Saturday, January 19, 2008

Janet Huang Chun Memories

Remembering Tenth Uncle

Awakening in the middle of the night,  I looked out the window and saw bright stars over the Maui sky. Immediately my thoughts went to Uncle Parker, realizing that he is now gone…I became sad for several reasons, one of which was that his passing signified the end of an era, one filled with so many difficult pages of China’s struggles during the last century. He, his siblings, and their spouses courageously bridged the gap across the ocean and braved a new culture by sheer determination and hard work. His generation dutifully and steadfastly pursued their aspirations on American soil under difficult circumstances. As we all know, their journeys were, by no means, without major sacrifices. 

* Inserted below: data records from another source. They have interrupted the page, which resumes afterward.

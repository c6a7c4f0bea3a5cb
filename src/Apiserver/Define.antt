-- ===== src/Apiserver/Define.antt =====
-- apiserver/define: the records of the business, and the types that the server shares with the
-- chaincode. A string and a []byte are both a `String`, read byte by byte.
use test_fabric.Base.{ℕ, String, Bool, List}
use test_fabric.Base.Int.{ℤ}

pub record InvokeRequest : Type 0 where
  pub key : String
  pub value : String

pub record Page : Type 0 where
  pub current_page : ℕ
  pub page_size : ℕ
  pub total_records : ℕ

pub record ResponseStatus : Type 0 where
  pub status_code : ℤ
  pub status_msg : String

pub record QueryRequest : Type 0 where
  pub dsl_syntax : String
  pub split_page : Page
  pub block_flag : Bool

pub record Factor : Type 0 where
  pub create_by : String
  pub create_time : ℕ
  pub sender : String
  pub receiver : List String
  pub tx_data : String
  pub last_update_time : ℕ
  pub last_update_by : String
  pub crypto_flag : ℤ
  pub crypto_algorithm : String
  pub doc_type : String
  pub fabric_tx_id : String
  pub business_no : String
  pub expand1 : String
  pub expand2 : String
  pub data_version : String

-- A map from a user to the key of a message, encrypted for that user. A key stands once.
pub record PeersafeData : Type 0 where
  pub keys : List (String × String)

-- A Go struct embeds the factor: `message.TxData` is `message.Factor.TxData`.
pub record Message : Type 0 where
  pub factor : Factor
  pub peersafe_data : PeersafeData

abbrev pub crypto_path : String
crypto_path = "./crypto/"

pub record StateEntity : Type 0 where
  pub change_event : String
  pub pre_state : String
  pub curr_state : String

pub record BlockchainData : Type 0 where
  pub tx_id : String
  pub tx_hash : String
  pub block_hash : String
  pub block_height : ℕ
  pub bidbond : String
  pub bid : String
  pub progress : String
  pub create_by : String
  pub create_time : ℕ
  pub sender : String
  pub receiver : List String
  pub last_update_time : ℕ
  pub last_update_by : String
  pub block_data : String
  pub remark : String
  pub status : StateEntity

-- The payload of an event is a factor.
pub record Events : Type 0 where
  pub chaincode_id : String
  pub tx_id : String
  pub event_name : String
  pub payload : Factor

pub record BlockDataObj : Type 0 where
  pub block_hash : String
  pub block_height : ℕ
  pub previous_hash : String
  pub events : List Events

-- The `interface{}` of an answer: nil, one of the two lists of blocks, a list of factors,
-- or a list of texts.
pub data Payload : Type 0 where
  nil : Payload
  rows : List BlockchainData → Payload
  blocks : List BlockDataObj → Payload
  factors : List Factor → Payload
  texts : List String → Payload

pub record QueryContents : Type 0 where
  pub schema : String
  pub payload : Payload

-- The payload is what the `interface{}` points to: a list of texts.
pub record QueryResponse : Type 0 where
  pub track_id : String
  pub response_status : ResponseStatus
  pub page : Page
  pub payload : List String

-- The payload is what the `interface{}` points to: a list of texts.
pub record InvokeResponse : Type 0 where
  pub track_id : String
  pub res_status : ResponseStatus
  pub payload : List String
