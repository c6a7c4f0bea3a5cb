-- ===== src/Apiserver/Host.antt =====
-- What the server takes from outside for its messages: files, random numbers, the ciphers of
-- crypto/aes and hyperledger/fabric/core/crypto, base64 and encoding/json. All are parameters.
use test_fabric.Base.{ℕ, String, Option, Error, Result, State}
use test_fabric.Apiserver.Define.{Message, InvokeRequest}

-- The files and the random numbers live in `World`.
pub record Host : Type 1 where
  pub World : Type 0
  pub File : Type 0
  -- `os.OpenFile(path, O_RDONLY|O_CREATE, 0666)`
  pub open_file : String → State World (Result File)
  -- The size that `os.Stat` tells, none if it fails: its error is not looked at.
  pub stat_size : String → State World (Option ℕ)
  -- `f.Read` into a buffer of a size: the buffer afterwards, and the error.
  pub read_into : File → ℕ → State World (String × Option Error)
  pub close_file : File → State World (Unit {0})
  -- `rand.New(rand.NewSource(time.Now().UnixNano()))`, and one `Int63` of it.
  pub Source : Type 0
  pub new_source : State World Source
  pub int63 : Source → State World ℕ
  -- `fmt.Sprintf("%x", n)`
  pub hex : ℕ → String

pub record Ciphers (World : Type 0) : Type 1 where
  pub hmac_aes_truncated : String → String → String
  -- `aes.NewCipher`, and `XORKeyStream` of the two CFB streams over it: block, iv, data.
  pub Block : Type 0
  pub new_cipher : String → Result Block
  pub encrypt_stream : Block → String → String → String
  pub decrypt_stream : Block → String → String → String
  -- primitives and ecies: keys in PEM, their wrapping, and the asymmetric cipher of each.
  pub Certificate : Type 0
  pub PublicKey : Type 0
  pub Sealer : Type 0
  pub pem_to_certificate : String → Result Certificate
  pub new_public_key : Certificate → Result PublicKey
  pub new_sealer : PublicKey → Result Sealer
  pub seal : Sealer → String → State World (Result String)
  pub RawKey : Type 0
  pub PrivateKey : Type 0
  pub Opener : Type 0
  pub pem_to_private_key : String → Result RawKey
  pub new_private_key : RawKey → Result PrivateKey
  pub new_opener : PrivateKey → Result Opener
  pub unseal : Opener → String → State World (Result String)
  -- base64.StdEncoding
  pub encode_base64 : String → String
  pub decode_base64 : String → Result String

-- `json.Marshal` at the two types that FormatRequestMessage passes to it.
pub record Codec : Type 0 where
  pub encode_message : Message → String × Option Error
  pub encode_request : InvokeRequest → String × Option Error
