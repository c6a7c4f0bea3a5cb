-- ===== src/Apiserver/Crypto.antt =====
-- apiserver/utils/crypto.go: files, message keys, AES for the data and ECIES for the keys.
use Prim.Native.String.{◌++◌}
use test_fabric.Base.{ℕ, zero, suc, ◌/◌, String, Option, none, some, Error, Result, ok, err}
use test_fabric.Base.Go.{Go, ◌>>=◌, ◌>>◌, pure, call, or_panic, on_ok}
use test_fabric.Apiserver.Host.{Host, Ciphers}

-- The first bytes of a text, none if it is shorter: a slice expression that can panic.
unfoldable pub slice_to : ℕ → String → Option String
slice_to zero s = some ""
slice_to (suc n) String.[] = none
slice_to (suc n) (String.◌∷◌ c s) = elim (slice_to n s) [
  | none ↦ none
  | some t ↦ some (String.◌∷◌ c t)
]

-- `aes.BlockSize`
abbrev pub block_size : ℕ
block_size = 16

module _ (host : Host) where
  open host use {World, File, open_file, stat_size, close_file, Source, new_source, int63, hex}

  -- A read that fails returns without closing the file.
  abbrev pub finish_read : File → String × Option Error → Go World (Result String)
  finish_read f (buff, some e) = pure (err e)
  finish_read f (buff, none) = do call (close_file f); pure (ok buff)

  -- `info.Size()` panics on the nil that a failed `os.Stat` returns.
  unfoldable pub read_file : String → Go World (Result String)
  read_file path = do
    opened ← call (open_file path)
    on_ok opened λ f. do
      info ← call (stat_size path)
      size ← or_panic info "invalid memory address or nil pointer dereference"
      got ← call (host.read_into f size)
      finish_read f got

  -- The loop of GenerateKey, over the rounds that are left.
  unfoldable pub draw_key : Source → ℕ → String → Go World String
  draw_key r zero key = pure key
  draw_key r (suc rounds) key = do n ← call (int63 r); draw_key r rounds (key ++ hex n)

  unfoldable pub generate_key : ℕ → Go World String
  generate_key bitsize = do r ← call new_source; draw_key r (bitsize / 2) ""

module _ {World : Type 0} (ciphers : Ciphers World) where
  open ciphers use {
    hmac_aes_truncated, new_cipher, encrypt_stream, decrypt_stream, pem_to_certificate,
    new_public_key, new_sealer, seal, pem_to_private_key, new_private_key, new_opener, unseal,
  }

  -- The key that both directions derive, `[]byte{1}` being its label.
  abbrev pub derive : String → String
  derive key = hmac_aes_truncated key "\u{1}"

  unfoldable pub aes_encrypt : String → String → Go World (Result String)
  unfolding slice_to
  aes_encrypt orig_data key = do
    iv ← or_panic (slice_to block_size (derive key)) "slice bounds out of range"
    on_ok (new_cipher (derive key)) λ block. pure (ok (encrypt_stream block iv orig_data))

  -- The deferred `recover` makes an error of a panic.
  abbrev pub recover_decrypt : String → Option String → String → Result String
  recover_decrypt key none crypted = err "slice bounds out of range"
  recover_decrypt key (some iv) crypted = elim (new_cipher key) [
    | ok block ↦ ok (decrypt_stream block iv crypted)
    | err e ↦ err e
  ]

  unfoldable pub aes_decrypt : String → String → Result String
  unfolding slice_to
  aes_decrypt crypted key = recover_decrypt (derive key) (slice_to block_size (derive key)) crypted

  unfoldable pub ecies_encrypt : String → String → Go World (Result String)
  ecies_encrypt origin_data key = on_ok (pem_to_certificate key) λ cert.
      on_ok (new_public_key cert) λ tmp_pub_key.
        on_ok (new_sealer tmp_pub_key) λ public_key. call (seal public_key origin_data)

  unfoldable pub ecies_decrypt : String → String → Go World (Result String)
  ecies_decrypt crypto_data key = on_ok (pem_to_private_key key) λ tmp_private_key.
      on_ok (new_private_key tmp_private_key) λ tmp_pri_key.
        on_ok (new_opener tmp_pri_key) λ private_key. call (unseal private_key crypto_data)
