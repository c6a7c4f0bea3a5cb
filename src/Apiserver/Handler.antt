-- ===== src/Apiserver/Handler.antt =====
-- apiserver/handler/factor.go: the handlers of the REST server, and the answer that they write.
pub mod Web
pub mod Random
pub mod Save
pub mod Search
pub mod Keepalive
pub mod Answers
pub mod Routes
mod Tests
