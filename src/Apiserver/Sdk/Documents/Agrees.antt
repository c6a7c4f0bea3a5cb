-- ===== src/Apiserver/Sdk/Documents/Agrees.antt =====
-- What DSL answers: its status, its error and its payload agree, on every branch.
use test_fabric.Base.{
  String, ◌≡◌, refl, ◌⊎◌, inl, inr, Option, none, some, List, [], Error, Result, ok, err,
  Bool-cases, ltb,
}
use test_fabric.Base.Int.{pos}
use test_fabric.Base.Go.{any-After, After, then_run-After}
use test_fabric.Apiserver.Define.{Page, nil, factors, Message, Factor, QueryRequest}
use test_fabric.Apiserver.Host.{Host, Ciphers}
use test_fabric.Apiserver.Message.Total.{HasSizes, format_response_message-done}
use test_fabric.Apiserver.Sdk.Peers.{Network}
use test_fabric.Apiserver.Sdk.BlockQuery.{Answer}
use test_fabric.Apiserver.Sdk.Documents.{
  Couch, page_or_first, ask_client, read_documents, answer_read, answer_queried, dsl,
}

-- Either there is an error, the status is 1 with the error's text, and there is no payload, or
-- there is no error, the status is 0 and the payload is a list of factors.
abbrev pub Agrees : Answer → Type 0
Agrees (contents, status, page, e) =
    ((e ≡ some status.status_msg) × (status.status_code ≡ pos 1) × (contents.payload ≡ nil))
    ⊎ ((e ≡ none)
        × (status.status_code ≡ pos 0)
        × ((list : List Factor) × (contents.payload ≡ factors list)))

module _ (host : Host) (ciphers : Ciphers host.World) (sizes : HasSizes host)
    (network : Network host.World) (couch : Couch host.World) (user_id : String) where
  answer_read-Agrees :
      (function : String) (read : Page × Option (String × Error) × List Message) (w : host.World)
      → After Agrees (answer_read host ciphers network couch user_id function read w).0
  answer_read-Agrees function (page, some (action, e), messages) w = inl (refl, refl, refl)
  answer_read-Agrees function (page, none, messages) w =
      let (fs, e, same) = format_response_message-done host ciphers sizes user_id [] messages w in
      rw e (inr (refl, refl, (fs, refl)))

  answer_queried-Agrees :
      (function : String) (page : Page) (qrs : Result (List String)) (w : host.World)
      → After Agrees (answer_queried host ciphers network couch user_id function page qrs w).0
  answer_queried-Agrees function page (err e) w = inl (refl, refl, refl)
  answer_queried-Agrees function page (ok qrs) w =
      answer_read-Agrees function (read_documents host ciphers network couch user_id page [] qrs) w

  -- On a host whose opened files have sizes, if DSL returns at all, its answer agrees with itself:
  -- either it has an error, which is the text of its status 1, and no payload, or it has no error,
  -- its status is 0 and its payload is a list of factors.
  pub dsl-Agrees :
      (function : String) (request : QueryRequest) (w : host.World)
      → After Agrees (dsl host ciphers network couch user_id function request w).0
  unfolding dsl
  dsl-Agrees function request w =
      elim (Bool-cases (ltb 1000 (page_or_first request.split_page).page_size)) [
        | inl large ↦ rw large (inl (refl, refl, refl))
        | inr small ↦
            let clients = couch.get_db_clients w in
            let asked =
              ask_client host ciphers network couch user_id request.dsl_syntax clients.0
                clients.1 in
            rw small (
              then_run-After (λ a. Unit {0}) Agrees asked.0
                (answer_queried host ciphers network couch user_id function request.split_page)
                asked.1 (any-After asked.0)
                (λ qrs t u. answer_queried-Agrees function request.split_page qrs t))
      ]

Uncle Parker was the tenth of thirteen children. My siblings, Bob, Noeline and I have always addressed him as Tenth Uncle. He was the tallest, the mildest in manner and a dreamer who led a seemingly simple yet highly distinguished life. More than anyone in this scholarly clan, he was the intellectual, the poet, the impossible romantic… the latter attribute being much admired ever since I was a little girl. 

When we returned to our family home in Guangzhou after WWII, I saw him only a few times before he married Auntie Mabel. They soon left for San Francisco. This was around the late forties. Due to the political upheavals in pre-and post-Communist China, there wasn’t much contact between our families after that. He and Auntie Mabel eventually settled in New Haven where he had distinguished himself in the world of academia as a scholar, an educator and a poet, continuing the tradition established by our grandfather, Huang Sung Ling. 

Actually, I didn’t get to know Tenth Uncle until after both my parents have passed away in the late eighties. I started to call on him when I needed counsel. Unlike my Dad who was outgoing but authoritative , or Sixth Uncle who was rigidly intimidating, or Ninth Uncle who was rather reclusive, Uncle Parker was approachable and compassionate. When we talked on the phone,  he was always kind and patient with my 5th grade-level Chinese, he was generous with his time, and he was always engaging and encouraging. He was abreast of everything that was happening in the world, and he was very knowledgeable. 

He had lots of stories to share about our family. He talked about Grandfather whom I knew little about except that he was a super high achiever, formal & severe in his demeanor. Uncle Parker shared much about my parents too. Through him I learned incredible stories about my Dad when he was at the age of my grandchildren today, and of some pretty traumatic experiences during war time in Hong Kong and in China… 

Sometimes he recited his latest poems over the phone, in both English and Chinese, carefully explaining his thoughts behind every word. What I treasure most, however, was his sense of humor which I found refreshing and rare indeed, especially among his contemporaries. Each time after we talked, I would come away feeling lighter and in good spirits; generally a sense of well being would prevail.

I have often thought about the story of the meeting between my father and Uncle Parker when they were reunited in San Francisco after a separation of over 20 years. I was told that when Uncle Parker entered our living room to approach my father, he respectfully knelt in front of his Dai Gor (Eldest Brother) until my father urged him to rise. The remembrance of this encounter never failed to bring tears to my eyes. To think that a full grown man_an accomplished scholar and a highly respected professor_would actually kneel in tribute to his elder sibling in these United States of America, to show his respect… It was a discipline from another world. For better or for worse, this formality will be no more. I salute him for upholding his refine, classic form, for his humility and his meekness which, as Cousin Ben says, was by no means, unmanly in any sense of the word.  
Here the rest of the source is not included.